Melville biographer Andrew Delbanco calls Ahab "a brilliant personification of the very essence of fanaticism".[1] Scholar F. O. Matthiessen calls attention to the fact that Ahab is called an "ungodly god-like man". Ahab's "tragedy is that of an unregenerate will" whose "burning mind is barred out from the exuberance of love" and argues that he "remains damned".[2] Writer D. H. Lawrence felt little sympathy for Ahab and found that the whale should have "torn off both his legs, and a bit more besides".[3]

The character of Ahab was created under the influence of Samuel Taylor Coleridge's lecture on Hamlet and figures in biblical and classical literature such as Shakespeare and Milton. His prosthesis, for instance, has been taken for an allusion to the Oedipus myth.[4]

Ahab is firmly established in popular culture by cartoons, comic books, films and plays. Most famously, he provided J. M. Barrie with the model for his Captain Hook character, who is obsessed with not a whale but a crocodile.[5][6][7]

Biography

Ahab was named by his insane, widowed mother, who died when he was twelve months old. The etymology of the name Ahab derives from the Hebrew, meaning "father's brother" as cited in Strong's Concordance no. 256. At age 18, Ahab first took to sea as a boy-harpooner. Less than three voyages ago, Ahab married a sweet, resigned girl, with whom he has a young son. He has been in colleges and among the cannibals, and has seen deeper wonders than the waves. He has fixed his lance, the keenest and surest on the isle of Nantucket, in stranger foes than whales.

Years ago, Peleg, now the co-owner of Pequod, sailed as mate under Ahab. During that voyage, a typhoon near Japan swung her three masts overboard. Every moment the crew thought the ship would sink, the sea breaking over the ship. Yet instead of thinking of death, Captain Ahab and Peleg thought of how to save all hands, and how to rig temporary masts in order to get into the nearest port and make repairs.

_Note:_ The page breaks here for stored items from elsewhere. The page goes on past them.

-- ===== src/Copy/Examples.antt =====
-- An instance of the codec, with a buffer of numbers.
use framego.Prelude.{ℕ, ◌≡◌, refl, ap, true, List, [], ◌∷◌, ◌++◌, Option, none, some, arith}
use framego.Errors.{Cause, plain}
use framego.Prelude.Text.{bytes}
use framego.Pool.Methods.{Pool, new_pool}
use framego.Pool.Get.Unlimited.{IsReady}
use framego.Copy.Gob.{
  Gob, is_encoded, Copier, gob_pool_config, starts, encodes, exec, new_copier, deep_copy,
}
use framego.Copy.Exclusive.{IsGob, expected, Reached, begun, then_}
use framego.Copy.Exclusive.Steps.{exec-expected}
use framego.Copy.Exclusive.Whole.{expected_copy, deep_copy-expected}

abbrev read : List ℕ → ℕ → List ℕ × (ℕ × Option Cause)
read [] dst = ([], (dst, some (plain (bytes "EOF"))))
read (x ∷ buffer) dst = (buffer, (x, none))

abbrev buffered : Gob (List ℕ) ℕ ℕ
buffered = record {
  new_gob_codec = [];
  encode = λ buffer src. (buffer ++ src ∷ [], is_encoded);
  decode = read;
}

abbrev IsEmpty : List ℕ → Type 0
IsEmpty buffer = buffer ≡ []

buffered-IsGob : IsGob buffered IsEmpty
buffered-IsGob = record {
  new_clean = refl;
  encode_lem = λ c src clean. refl;
  decode_lem = λ c src dst clean ok. ap (λ (b : List ℕ). (read (b ++ src ∷ []) dst).1) clean;
  copy_clean = λ c src dst clean ok fine. ap (λ (b : List ℕ). (read (b ++ src ∷ []) dst).0) clean;
}

-- One copy has started when another one does.
abbrev copier : Copier (List ℕ) ℕ
copier = (exec buffered (starts true 5) (new_copier buffered)).0

copier-Reached : Reached buffered copier
copier-Reached = then_ begun (starts true 5) tt

exec-expected_example :
    (exec buffered (encodes 0 7 6) copier).1 ≡ expected buffered copier.phase (encodes 0 7 6)
exec-expected_example =
    exec-expected buffered IsEmpty copier (encodes 0 7 6) buffered-IsGob copier-Reached

deep_copy-expected_example :
    (deep_copy buffered (some 1) (some 7) 6 copier).1
    ≡ expected_copy buffered IsEmpty (some 1) (some 7)
deep_copy-expected_example =
    deep_copy-expected buffered IsEmpty copier (some 1) (some 7) 6 buffered-IsGob copier-Reached

abbrev idle_pool : Pool
idle_pool = record (new_pool gob_pool_config) {
  idle = record { c = 0; t = 3; created = 1 } ∷ record { c = 1; t = 2; created = 1 } ∷ [];
}

abbrev IsSmall : ℕ → Type 0
IsSmall c = Unit {0}

idle_pool-IsReady : IsReady IsSmall gob_pool_config idle_pool
unfolding new_pool
idle_pool-IsReady = (refl, refl, (tt, (λ e. ground (e, arith), tt), (tt, tt, tt)))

Before the ship sails from Nantucket, Ishmael encounters a man named Elijah who tells him about some of Ahab's past deeds. According to Elijah, Ahab once lay near death for three days and nights near Cape Horn, took part in a deadly battle against Spanish forces before an altar in Santa, and spat into its silver chalice. Ahab lost his leg during his most recent whaling voyage, leaving him with a grim disposition and a strong desire for revenge against Moby Dick.

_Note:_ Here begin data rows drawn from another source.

-- ===== src/Crypto.antt =====
-- crypto/aes.go and crypto/random.go. The cipher of crypto/aes and its GCM mode are parameters, and so are
-- the bytes that `io.ReadFull` of `rand.Reader` leaves in a buffer. Data are lists of bytes.
pub mod RoundTrip
mod Examples
use framego.Prelude.{
  ℕ, zero, suc, ◌+◌, Bool, true, false, List, [], ◌∷◌, ◌++◌, Option, none, some, length,
}
use framego.Prelude.Text.{Str}

-- An AEAD in GCM mode, with `Seal` and `Open` on nil additional data.
pub record Gcm : Type 0 where
  pub nonce_size : ℕ
  pub overhead : ℕ
  pub seal : Str → Str → Str
  pub open_ : Str → Str → Option Str

-- `aes.NewCipher` and `cipher.NewGCM`; `none` is their error.
pub record Aes (Block : Type 0) : Type 0 where
  pub new_cipher : Str → Option Block
  pub new_gcm : Block → Option Gcm

pub data Error : Type 0 where
  new_cipher_failed new_gcm_failed not_opened : Error

-- What a function returns, unless it panics.
pub data Result : Type 0 where
  ok : Str → Result
  err : Error → Result
  panics : Result

abbrev pub gcm_with : Option Gcm → (Gcm → Result) → Result
gcm_with none k = err new_gcm_failed
gcm_with (some crypter) k = k crypter

abbrev pub cipher_with : {Block : Type 0} → Aes Block → Option Block → (Gcm → Result) → Result
cipher_with aes none k = err new_cipher_failed
cipher_with aes (some block) k = gcm_with (aes.new_gcm block) k

-- `random n` is what RandomBytes leaves in a buffer of `n` bytes, with whether it succeeds; the caller
-- does not look at that.
unfoldable pub random_bytes : (ℕ → Str × Bool) → ℕ → Str
random_bytes random n = (random n).0

unfoldable pub aes_gcm_encrypt :
    {Block : Type 0} → Aes Block → (ℕ → Str × Bool) → Str → Str → Result
unfolding random_bytes
aes_gcm_encrypt aes random data_ key = cipher_with aes (aes.new_cipher key) (λ crypter.
    let nonce = random_bytes random crypter.nonce_size in ok (nonce ++ crypter.seal nonce data_))

-- `data[:n]` and `data[n:]`; `none` is the panic where the data are shorter.
unfoldable pub split_at : ℕ → Str → Option (Str × Str)
split_at zero s = some ([], s)
split_at (suc n) [] = none
split_at (suc n) (c ∷ s) = with_first c (split_at n s)
  where
    with_first : ℕ → Option (Str × Str) → Option (Str × Str)
    with_first c none = none
    with_first c (some (a, b)) = some (c ∷ a, b)

abbrev pub result_of : Option Str → Result
result_of none = err not_opened
result_of (some s) = ok s

abbrev pub open_split : Gcm → Option (Str × Str) → Result
open_split crypter none = panics
open_split crypter (some (nonce, sealed)) = result_of (crypter.open_ nonce sealed)

unfoldable pub aes_gcm_decrypt : {Block : Type 0} → Aes Block → Str → Str → Result
unfolding split_at
aes_gcm_decrypt aes data_ key =
    cipher_with aes (aes.new_cipher key)
      (λ crypter. open_split crypter (split_at crypter.nonce_size data_))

In addition to the prosthetic leg, Ahab bears a mark that runs down one side of his face and neck: “Threading its way out from among his grey hairs, and continuing right down one side of his tawny scorched face and neck, till it disappeared in his clothing, you saw a slender rod like mark, lividly whitish. It resembled that perpendicular seam sometimes made in the straight, lofty trunk of a great tree, when the upper lightning tearingly darts down it...leaving the tree still greenly alive, but branded.” –(Moby-Dick, p. 129.) The mark and its origins – whether a birthmark, the scar from a wound, or otherwise – are rarely mentioned or discussed. Ahab's leg includes a small flat patch that he uses as a slate for making navigational calculations. The deck planks of Pequod have been bored with shallow holes, the same diameter as the lower end, to allow him to steady himself against the motion of the ship. While at sea, he turns to the ship's carpenter and blacksmith to fashion a replacement leg and fittings after damaging the one he wears.

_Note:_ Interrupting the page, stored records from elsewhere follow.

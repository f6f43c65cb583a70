-- ===== src/Crypto/RoundTrip.antt =====
-- What is encrypted is decrypted, and data that are too short.
use framego.Prelude.{
  ℕ, zero, suc, ◌<◌, ◌≡◌, refl, ap, ◌∙◌, Bool, [], ◌∷◌, ◌++◌, none, some, length, arith,
}
use framego.Prelude.Text.{Str}
use framego.Crypto.{
  Gcm, Aes, ok, panics, random_bytes, aes_gcm_encrypt, split_at, result_of, open_split,
  aes_gcm_decrypt,
}

-- What is sealed with a nonce of the right size opens with it.
abbrev pub IsAead : Gcm → Type 0
IsAead gcm =
    (nonce data_ : Str)
    → length nonce ≡ gcm.nonce_size
    → gcm.open_ nonce (gcm.seal nonce data_) ≡ some data_

-- The cipher and the mode that a key gives.
abbrev pub Gives : {Block : Type 0} → Aes Block → Str → Gcm → Type 0
Gives {Block} aes key gcm =
    (block : Block) × ((aes.new_cipher key ≡ some block) × (aes.new_gcm block ≡ some gcm))

split_at-append : (n : ℕ) (a b : Str) → length a ≡ n → split_at n (a ++ b) ≡ some (a, b)
unfolding split_at
split_at-append zero [] b e = refl
split_at-append zero (c ∷ a) b e = absurd (ground (e, arith))
split_at-append (suc n) [] b e = absurd (ground (e, arith))
split_at-append (suc n) (c ∷ a) b e = rw (split_at-append n a b (ground (e, arith))) refl

split_at-short : (n : ℕ) (s : Str) → length s < n → split_at n s ≡ none
unfolding split_at
split_at-short zero s h = absurd (ground (h, arith))
split_at-short (suc n) [] h = refl
split_at-short (suc n) (c ∷ s) h = rw (split_at-short n s (ground (h, arith))) refl

-- With a key that gives a cipher, data of any length are encrypted, and decrypted again with the same key to what they were, whatever the random bytes are; decrypting data that are shorter than the nonce panics; conditions: the mode opens what it seals, and the random bytes fill the nonce.
pub aes_gcm_decrypt-encrypt :
    {Block : Type 0}
    → (aes : Aes Block) (random : ℕ → Str × Bool) (gcm : Gcm) (data_ key short : Str)
    → Gives aes key gcm
    → IsAead gcm
    → length (random gcm.nonce_size).0 ≡ gcm.nonce_size
    → length short < gcm.nonce_size
    → ((sealed : Str) × ((aes_gcm_encrypt aes random data_ key ≡ ok sealed)
          × (aes_gcm_decrypt aes sealed key ≡ ok data_)))
      × (aes_gcm_decrypt aes short key ≡ panics)
unfolding aes_gcm_encrypt aes_gcm_decrypt random_bytes
aes_gcm_decrypt-encrypt aes random gcm data_ key short (block, (c, g)) aead fills is_short =
    let nonce = (random gcm.nonce_size).0 in
    rw (c, g)
      (
        (
          nonce ++ gcm.seal nonce data_,
          (
            refl,
            ap (open_split gcm) (split_at-append gcm.nonce_size nonce (gcm.seal nonce data_) fills)
                ∙ ap result_of (aead nonce data_ fills),
          ),
        ),
        ap (open_split gcm) (split_at-short gcm.nonce_size short is_short),
      )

Ahab is age 58 at the time of Pequod's last voyage. Peleg and Bildad pilot the ship out of the harbor, and Ahab first appears on deck when the ship is already at sea. Instead of embarking on a regular whaling voyage, Ahab declares he is out for revenge and nails a doubloon to the mast, as a reward for the crewmember who first sights Moby Dick. As the voyage proceeds, Ahab gradually abandons the physical comforts of his life, symbolized by such actions as throwing his pipe overboard and giving his shaving razors to the ship's blacksmith for use in forging a special harpoon he intends to use against Moby Dick. When the whale is eventually sighted, a disastrous three-day chase begins. Ahab throws his harpoon and hits Moby Dick, but its line wraps around his neck and drags him off his boat when the whale dives, drowning him.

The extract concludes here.